In allen Zielstaaten der Arbeitsmigration weisen die Eltern der als Migranten erfassten Jugendlichen eine kürzere Schulbesuchszeit und einen geringeren ökonomischen, sozialen und kulturellen Status auf als die Eltern von Nichtmigranten. Nirgendwo ist dieser Unterschied … aber so stark wie in Deutschland.
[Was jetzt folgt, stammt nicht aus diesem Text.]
-- ===== src/Selectors/Machine.antt =====
-- src/selectors_vm/mod.rs: `SelectorMatchingVm`, which matches a start tag against the program. It
-- goes without the attributes as far as it can, asks for them where an instruction needs them, and
-- goes on from there. The closure of a request is a function of the machine that it is given.
-- `P` are the payloads and `eq` their equality, `D` the data of an element. `hash_name` is the hasher
-- of the counters' map. What the match handler is called with is kept in order.
pub mod Running
pub mod Resuming
pub mod Answered
pub mod Stages
pub mod Reference
use lol_html.Base.Outcome.{ok, panic, ◌>>=◌, expect}
use lol_html.Base.Range.{Range}
use lol_html.Html.LocalName.{LocalName}
use lol_html.Html.TextType.{Namespace}
use lol_html.Memory.Limiter.{Limited}
use lol_html.Parser.Outline.{AttributeOutline}
use lol_html.Prelude.{
  ℕ, zero, suc, ◌+◌, ◌-◌, Bool, true, false, not, ◌||◌, List, [], ◌∷◌, ◌++◌, Option, none, some,
  get_elem?, length, drop, if◌then◌else◌,
}
use lol_html.Selectors.Program.{
  AttributeMatcher, new_attribute_matcher, ExecutionBranch, Instruction, Program, branch,
  attributes_required, fail, TryExecResult, try_exec_without_attrs, complete_exec_with_attrs, exec,
}
use lol_html.Selectors.Stack.{
  Stack, StackItem, StackDirective, push_, push_if_not_self_closing, pop_immediately, DrainFilter,
  new_item, add_child, build_state, get_stack_directive, push_item, pop_up_to,
}

pub record MatchInfo (P : Type 0) : Type 0 where
  pub payload : P
  pub with_content : Bool

-- `ElementData` and `Default`.
pub record ElementData (P D : Type 0) : Type 0 where
  pub default_data : D
  pub matched_payload : D → List P
  pub with_matched_payload : List P → D → D

pub record JumpPtr : Type 0 where
  pub instr_set_idx : ℕ
  pub offset : ℕ

pub record HereditaryJumpPtr : Type 0 where
  pub stack_offset : ℕ
  pub instr_set_idx : ℕ
  pub offset : ℕ

pub record Bailout (T : Type 0) : Type 0 where
  pub at_addr : ℕ
  pub recovery_point : T

-- `AuxStartTagInfo` of src/transform_stream/dispatcher.rs.
pub record AuxStartTagInfo : Type 0 where
  pub input : List ℕ
  pub attr_buffer : List AttributeOutline
  pub self_closing : Bool

pub record ExecutionCtx (P D : Type 0) : Type 0 where
  pub stack_item : StackItem D
  pub with_content : Bool
  pub ns : Namespace
  pub matches : List (MatchInfo P)

pub record SelectorMatchingVm (P D : Type 0) : Type 0 where
  pub program : Program P
  pub stack : Stack D

-- A run that ends, or stops where it needs the attributes.
pub data Tried (C T : Type 0) : Type 0 where
  done : C → Tried C T
  bailed : C → Bailout T → Tried C T

-- The rest of a run, where there is one; `map_err` on the bailout.
abbrev pub and_then :
    {C T : Type 0} → Limited (Tried C T) → (C → Limited (Tried C T)) → Limited (Tried C T)
and_then m f = m >>= λ t. elim t [ done c ↦ f c | bailed c b ↦ ok (bailed c b) ]

abbrev pub map_bailout : {C T U : Type 0} → (T → U) → Tried C T → Tried C U
map_bailout f (done c) = done c
map_bailout f (bailed c b) =
    bailed c (record { at_addr = b.at_addr; recovery_point = f b.recovery_point })

-- The match on the result of an instruction.
abbrev pub on_result : {P C : Type 0} → TryExecResult P → (ExecutionBranch P → C) → C → C → C
on_result (branch b) f x y = f b
on_result attributes_required f x y = x
on_result fail f x y = y

-- How a start tag's match ends: with the machine, or with a request for the attributes.
-- The closure is given a machine and the attributes; what it returns of matches counts those from
-- before the request too.
pub data StartTagResult (R V A : Type 0) : Type 0 where
  finished : R → StartTagResult R V A
  info_request : R → (V → A → Limited R) → StartTagResult R V A

module _ {P D : Type 0} (eq : P → P → Bool) (data_ : ElementData P D)
    (hash_name : LocalName → ℕ) where
  abbrev pub Ctx : Type 0
  Ctx = ExecutionCtx P D

  abbrev pub Vm : Type 0
  Vm = SelectorMatchingVm P D

  unfoldable pub new_ctx : LocalName → Namespace → Ctx
  new_ctx name ns = record {
    stack_item = new_item data_.default_data name;
    with_content = true;
    ns = ns;
    matches = [];
  }

  unfoldable pub contains : P → List P → Bool
  contains p [] = false
  contains p (q ∷ qs) = eq p q || contains p qs

  unfoldable pub add_payload : P → Ctx → Ctx
  unfolding contains
  add_payload payload ctx =
      let seen = data_.matched_payload ctx.stack_item.element_data in
      if contains payload seen then ctx else record ctx {
        stack_item = record ctx.stack_item {
          element_data = data_.with_matched_payload (payload ∷ seen) ctx.stack_item.element_data;
        };
        matches = ctx.matches ++ record { payload = payload; with_content = ctx.with_content } ∷ [];
      }

  unfoldable pub add_payloads : List P → Ctx → Ctx
  unfolding add_payload
  add_payloads [] ctx = ctx
  add_payloads (payload ∷ payloads) ctx = add_payloads payloads (add_payload payload ctx)

  abbrev pub push_jumps : Option Range → List Range → List Range
  push_jumps none jumps = jumps
  push_jumps (some r) jumps = jumps ++ r ∷ []

  unfoldable pub add_execution_branch : ExecutionBranch P → Ctx → Ctx
  unfolding add_payloads
  add_execution_branch b ctx =
      let ctx' = add_payloads b.matched_payload ctx in
      if ctx'.with_content
      then record ctx' {
        stack_item = record ctx'.stack_item {
          jumps = push_jumps b.jumps ctx'.stack_item.jumps;
          hereditary_jumps = push_jumps b.hereditary_jumps ctx'.stack_item.hereditary_jumps;
        };
      }
      else ctx'

  abbrev pub add_matched : Option (ExecutionBranch P) → Ctx → Ctx
  add_matched none ctx = ctx
  add_matched (some b) ctx = add_execution_branch b ctx

  module _ (vm : Vm) where
    abbrev pub instruction : ℕ → Limited (Instruction P)
    instruction addr = expect (get_elem? vm.program.instructions addr)

    unfoldable pub complete_instr_execution_with_attrs : ℕ → AttributeMatcher → Ctx → Limited Ctx
    unfolding add_execution_branch
    complete_instr_execution_with_attrs addr m ctx =
        let state = build_state hash_name ctx.stack_item.local_name vm.stack in
        instruction addr >>= λ i.
        complete_exec_with_attrs i state m >>= λ matched. ok (add_matched matched ctx)

    -- The loop of `try_exec_instr_set_without_attrs`: so many more addresses from `addr` on.
    unfoldable pub try_addresses : ℕ → ℕ → ℕ → Ctx → Limited (Tried Ctx ℕ)
    unfolding add_execution_branch
    try_addresses zero start addr ctx = ok (done ctx)
    try_addresses (suc n) start addr ctx =
        let state = build_state hash_name ctx.stack_item.local_name vm.stack in
        instruction addr >>= λ i.
        try_exec_without_attrs i state ctx.stack_item.local_name >>= λ res.
        on_result res (λ b. try_addresses n start (addr + 1) (add_execution_branch b ctx))
          (ok (bailed ctx (record { at_addr = addr; recovery_point = addr - start + 1 })))
          (try_addresses n start (addr + 1) ctx)

    unfoldable pub try_exec_instr_set_without_attrs : Range → Ctx → Limited (Tried Ctx ℕ)
    unfolding try_addresses
    try_exec_instr_set_without_attrs r ctx = try_addresses (r.end - r.start) r.start r.start ctx

    unfoldable pub exec_addresses : AttributeMatcher → ℕ → ℕ → Ctx → Limited Ctx
    unfolding add_execution_branch
    exec_addresses m zero addr ctx = ok ctx
    exec_addresses m (suc n) addr ctx =
        let state = build_state hash_name ctx.stack_item.local_name vm.stack in
        instruction addr >>= λ i. exec i state ctx.stack_item.local_name m >>= λ matched.
        exec_addresses m n (addr + 1) (add_matched matched ctx)

    unfoldable pub exec_instr_set_with_attrs : Range → AttributeMatcher → Ctx → ℕ → Limited Ctx
    unfolding exec_addresses
    exec_instr_set_with_attrs r m ctx offset =
        exec_addresses m (r.end - (r.start + offset)) (r.start + offset) ctx

    -- The loop over a list of instruction sets, from the `i`th on.
    unfoldable pub try_sets : List Range → ℕ → Ctx → Limited (Tried Ctx JumpPtr)
    unfolding try_exec_instr_set_without_attrs
    try_sets [] i ctx = ok (done ctx)
    try_sets (r ∷ rs) i ctx =
        and_then
          (try_exec_instr_set_without_attrs r ctx >>= λ t.
            ok (map_bailout (λ n. record { instr_set_idx = i; offset = n }) t))
          (try_sets rs (i + 1))

    unfoldable pub exec_sets : AttributeMatcher → List Range → Ctx → Limited Ctx
    unfolding exec_instr_set_with_attrs
    exec_sets m [] ctx = ok ctx
    exec_sets m (r ∷ rs) ctx = exec_instr_set_with_attrs r m ctx 0 >>= exec_sets m rs

    unfoldable pub exec_found : AttributeMatcher → Option Range → List Range → ℕ → Ctx → Limited Ctx
    unfolding exec_instr_set_with_attrs exec_sets
    exec_found m none rest offset ctx = ok ctx
    exec_found m (some r) rest offset ctx =
        exec_instr_set_with_attrs r m ctx offset >>= exec_sets m rest

    -- A set from an offset, where it is there, and the sets after it.
    unfoldable pub exec_sets_from : AttributeMatcher → List Range → ℕ → ℕ → Ctx → Limited Ctx
    unfolding exec_found
    exec_sets_from m rs idx offset ctx =
        exec_found m (get_elem? rs idx) (drop (idx + 1) rs) offset ctx

    abbrev pub parent_jumps : List (StackItem D) → List Range
    parent_jumps [] = []
    parent_jumps (parent ∷ items) = parent.jumps

    unfoldable pub try_exec_jumps_without_attrs : Ctx → Limited (Tried Ctx JumpPtr)
    unfolding try_sets
    try_exec_jumps_without_attrs ctx = try_sets (parent_jumps vm.stack.items) 0 ctx

    unfoldable pub exec_jumps_with_attrs : AttributeMatcher → Ctx → JumpPtr → Limited Ctx
    unfolding exec_sets_from
    exec_jumps_with_attrs m ctx ptr =
        exec_sets_from m (parent_jumps vm.stack.items) ptr.instr_set_idx ptr.offset ctx

    -- The loop over the ancestors from the `i`th from the top on.
    unfoldable pub try_ancestors :
        List (StackItem D) → ℕ → Ctx → Limited (Tried Ctx HereditaryJumpPtr)
    unfolding try_sets
    try_ancestors [] i ctx = ok (done ctx)
    try_ancestors (ancestor ∷ items) i ctx =
        and_then
          (try_sets ancestor.hereditary_jumps 0 ctx >>= λ t. ok (
            map_bailout
              (λ p. record { stack_offset = i; instr_set_idx = p.instr_set_idx; offset = p.offset })
              t))
          (λ ctx'.
            let rest = try_ancestors items (i + 1) ctx' in
            if ancestor.has_ancestor_with_hereditary_jumps then rest else ok (done ctx'))

    unfoldable pub try_exec_hereditary_jumps_without_attrs :
        Ctx → Limited (Tried Ctx HereditaryJumpPtr)
    unfolding try_ancestors
    try_exec_hereditary_jumps_without_attrs ctx = try_ancestors vm.stack.items 0 ctx

    -- The loop over the remaining ancestors.
    unfoldable pub exec_ancestors : AttributeMatcher → List (StackItem D) → Ctx → Limited Ctx
    unfolding exec_sets
    exec_ancestors m [] ctx = ok ctx
    exec_ancestors m (ancestor ∷ items) ctx = exec_sets m ancestor.hereditary_jumps ctx >>= λ ctx'.
        let rest = exec_ancestors m items ctx' in
        if ancestor.has_ancestor_with_hereditary_jumps then rest else ok ctx'

    -- From the pointed ancestor on, the items below it after it; its index is out of range where
    -- there is none.
    unfoldable pub exec_pointed :
        AttributeMatcher → HereditaryJumpPtr → List (StackItem D) → Ctx → Limited Ctx
    unfolding exec_sets_from exec_ancestors
    exec_pointed m ptr [] ctx = panic
    exec_pointed m ptr (pointed ∷ rest) ctx =
        exec_sets_from m pointed.hereditary_jumps ptr.instr_set_idx ptr.offset ctx >>= λ ctx'.
        if pointed.has_ancestor_with_hereditary_jumps then exec_ancestors m rest ctx' else ok ctx'

    unfoldable pub exec_hereditary_in :
        AttributeMatcher → HereditaryJumpPtr → List (StackItem D) → Ctx → Limited Ctx
    unfolding exec_pointed
    exec_hereditary_in m ptr [] ctx = ok ctx
    exec_hereditary_in m ptr (top ∷ below) ctx =
        exec_pointed m ptr (drop ptr.stack_offset (top ∷ below)) ctx

    unfoldable pub exec_hereditary_jumps_with_attrs :
        AttributeMatcher → Ctx → HereditaryJumpPtr → Limited Ctx
    unfolding exec_hereditary_in
    exec_hereditary_jumps_with_attrs m ctx ptr = exec_hereditary_in m ptr vm.stack.items ctx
Konsortium Bildungberichterstattung, Bildung in Deutschland, 2006

Allensbach Studie

Kontakte zwischen Zuwanderern und Deutschen nehmen zu

Die Kontakte zwischen Zuwanderern und Deutschen ohne Migrationshintergrund haben über die Jahrzehnte zugenommen: bevölkerungsrepräsentative Umfragen des Allensbacher Instituts zeigen, dass während 1985 nur 30 Prozent mit Zuwanderern befreundet waren, 2008 bereits 46 Prozent Zuwanderer zu ihrem Freundeskreis zählten.

Die deutsche Gesellschaft ist heute viel heterogener, als sie es vor 30 Jahren war, und insbesondere junge Menschen wachsen bereits in einem kulturell vielfältigeren Umfeld auf. So sind 65 Prozent der jungen Menschen zwischen 16 und 24 Jahren mit Zuwanderern befreundet (2008). Entsprechend geben über 70 Prozent der jüngeren Zuwanderer (16- bis 24-jährige) und der in Deutschland Geborenen an, viele deutsche Freunde zu haben.

Der Freundeskreis der meisten Zuwanderer (43 Prozent) setzt sich sowohl aus Zuwanderern als auch aus Deutschen ohne Migrationshintergrund zusammen. 22 Prozent haben einen Freundeskreis, der sich überwiegend oder ausschließlich aus Deutschen zusammensetzt. Freunde, die ausschließlich oder überwiegend aus Zuwandererfamilien stammen, haben 35 Prozent der Zuwanderer.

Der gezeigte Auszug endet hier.